For Americans, hearing or seeing pictures of these villages may evoke feelings of disbelief or pity. For some, this is the quintessential image of sub-Saharan poverty–the small village with simple huts and no utilities. However, being able to visit some of these villages and those who live there reveals a far different reality, showing that these conceptions are deeply misguided.

Village life for many is a exactly as they would like it. Everyone works together: farming, raising animals, building houses, taking care of children. Everyone knows their neighbors, and lives are free of the distractions that have come to define our lifestyles. Without television, cell phones, lights to keep us awake all night, car exhaust, noise, and more, life becomes much simpler, but also much more relaxing and, for many, more rewarding.

Who wouldn’t like to spend a while hanging out under that tree?

Several of my host family’s relatives would live in town to go to school and then return to the villages whenever they had a break. My host father would often go spend time (sometimes taking me along) in the village where he was born and where his mother and brother still live. My host brothers often talked about how after they worked in the city and made enough money, they would like to retire and live in a village.

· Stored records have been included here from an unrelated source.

-- ===== src/Words.antt =====
-- The 32-bit words that the kernel computes with: an int is the word of its two's complement.
use native.Mathlib.Nat.{pow-suc}
use nach_osx.Bits.{bit_or-halves, bit_and-halves, masked_by_zero}
use Prim.Native.Nat.{bit_and, bit_or}
use nach_osx.Prelude.{
  leb, if◌then◌else◌, ℕ, zero, suc, ◌+◌, ◌-◌, ◌*◌, ◌/◌, ◌%◌, ◌^◌, ◌≤◌, ◌<◌, ◌≡◌, refl, ap, ◌∙◌,
  Bool, List, ℤ, pos, negsuc, [], ◌∷◌, arith,
}

abbrev pub word_size : ℕ
word_size = 0x1_0000_0000

abbrev pub sign_bit : ℕ
sign_bit = 0x8000_0000

abbrev pub is_negative : ℕ → Bool
is_negative w = leb sign_bit w

-- `-a` and `a >> 1` on int
abbrev pub negate : ℕ → ℕ
negate w = (word_size - w) % word_size

abbrev pub half : ℕ → ℕ
half w = if is_negative w then w / 2 + sign_bit else w / 2

-- The integer that a word stands for, and back.
unfoldable pub int_word : ℤ → ℕ
int_word (pos n) = n
int_word (negsuc n) = word_size - 1 - n

unfoldable pub word_int : ℕ → ℤ
word_int w = if is_negative w then negsuc (word_size - 1 - w) else pos w

-- The bytes of a number, the lowest first, as a little-endian host stores it.
abbrev pub to_bytes : ℕ → ℕ → List ℕ
to_bytes zero w = []
to_bytes (suc n) w = (w % 256) ∷ to_bytes n (w / 256)

abbrev pub from_bytes : List ℕ → ℕ
from_bytes [] = 0
from_bytes (b ∷ bs) = b + 256 * from_bytes bs

added_zero : (bound w : ℕ) → w ≤ bound → bit_or w 0 ≡ w
added_zero bound zero h = refl
added_zero zero (suc w) h = elim h [ ]
added_zero (suc bound) (suc w) h =
    omega (arith, bit_or-halves (suc w) 0, added_zero bound (suc w / 2) (omega arith))

pub bit_and-one : (w : ℕ) → bit_and w 1 ≡ w % 2
bit_and-one w = omega (arith, bit_and-halves w 1, masked_by_zero (w / 2) (w / 2) (omega arith))

pub bit_or-one : (w : ℕ) → w % 2 ≡ 0 → bit_or w 1 ≡ w + 1
bit_or-one w h = omega (arith, bit_or-halves w 1, added_zero (w / 2) (w / 2) (omega arith))

-- The word of `n` ones.
abbrev pub ones : ℕ → ℕ
ones zero = 0
ones (suc n) = 2 * ones n + 1

masked_by_ones : (n w : ℕ) → w ≤ ones n → bit_and w (ones n) ≡ 0 → w ≡ 0
masked_by_ones zero w h e = omega arith
masked_by_ones (suc n) w h e =
    let (high, low) = bit_and-halves w (ones (suc n)) in
    let same : ones (suc n) / 2 ≡ ones n = omega arith in
    let rest : bit_and (w / 2) (ones (suc n) / 2) ≡ 0 = omega (arith, high, e) in
    let zero_above : w / 2 ≡ 0 = masked_by_ones n (w / 2) (omega arith) (rw same at rest) in
    omega (arith, zero_above, low, e)

-- No bit of a word but the lowest is set.
pub bit_and-but_one : (w : ℕ) → w < word_size → bit_and w 0xffff_fffe ≡ 0 → w < 2
bit_and-but_one w h e =
    omega
      (arith, masked_by_ones 31 (w / 2) (omega arith) (omega (arith, bit_and-halves w 0xffff_fffe)))

-- A mask of `n` ones keeps the lower `n` bits.
pub bit_and-ones :
    (n w : ℕ) → (high : ℕ) × (w ≡ bit_and w (ones n) + 2 ^ n * high) × (bit_and w (ones n) < 2 ^ n)
bit_and-ones zero w = (
  w,
  omega (arith, masked_by_zero w w (omega arith)),
  omega (arith, masked_by_zero w w (omega arith)),
)
bit_and-ones (suc n) w =
    let (high, split, small) = bit_and-ones n (w / 2) in
    let (upper, lower) = bit_and-halves w (ones (suc n)) in
    let same : ones (suc n) / 2 ≡ ones n = omega arith in
    let upper_is : bit_and w (ones (suc n)) / 2 ≡ bit_and (w / 2) (ones n) =
      upper ∙ ap (bit_and (w / 2)) same in
    let lower_is : bit_and w (ones (suc n)) % 2 ≡ w % 2 = omega (arith, lower) in
    (
      high,
      omega (arith, split, upper_is, lower_is, ap (λ p. p * high) (pow-suc 2 n)),
      omega (arith, small, upper_is, lower_is, pow-suc 2 n),
    )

This is not to say that rural life is better than city life. Of course, there are many challenges and issues facing those who live in villages. But what makes life in villages enjoyable is the lack of the things that we cannot imagine living without in our daily lives–TVs, cars, smartphones, computers, etc. Even more, however, is the lack of rent, boring corporate office jobs, mortgages, loans, debt, bills, and the list goes on forever. To sum it all up in one word, rural life is relaxing. Which is something that I think everyone could appreciate, even if it means no iPhones.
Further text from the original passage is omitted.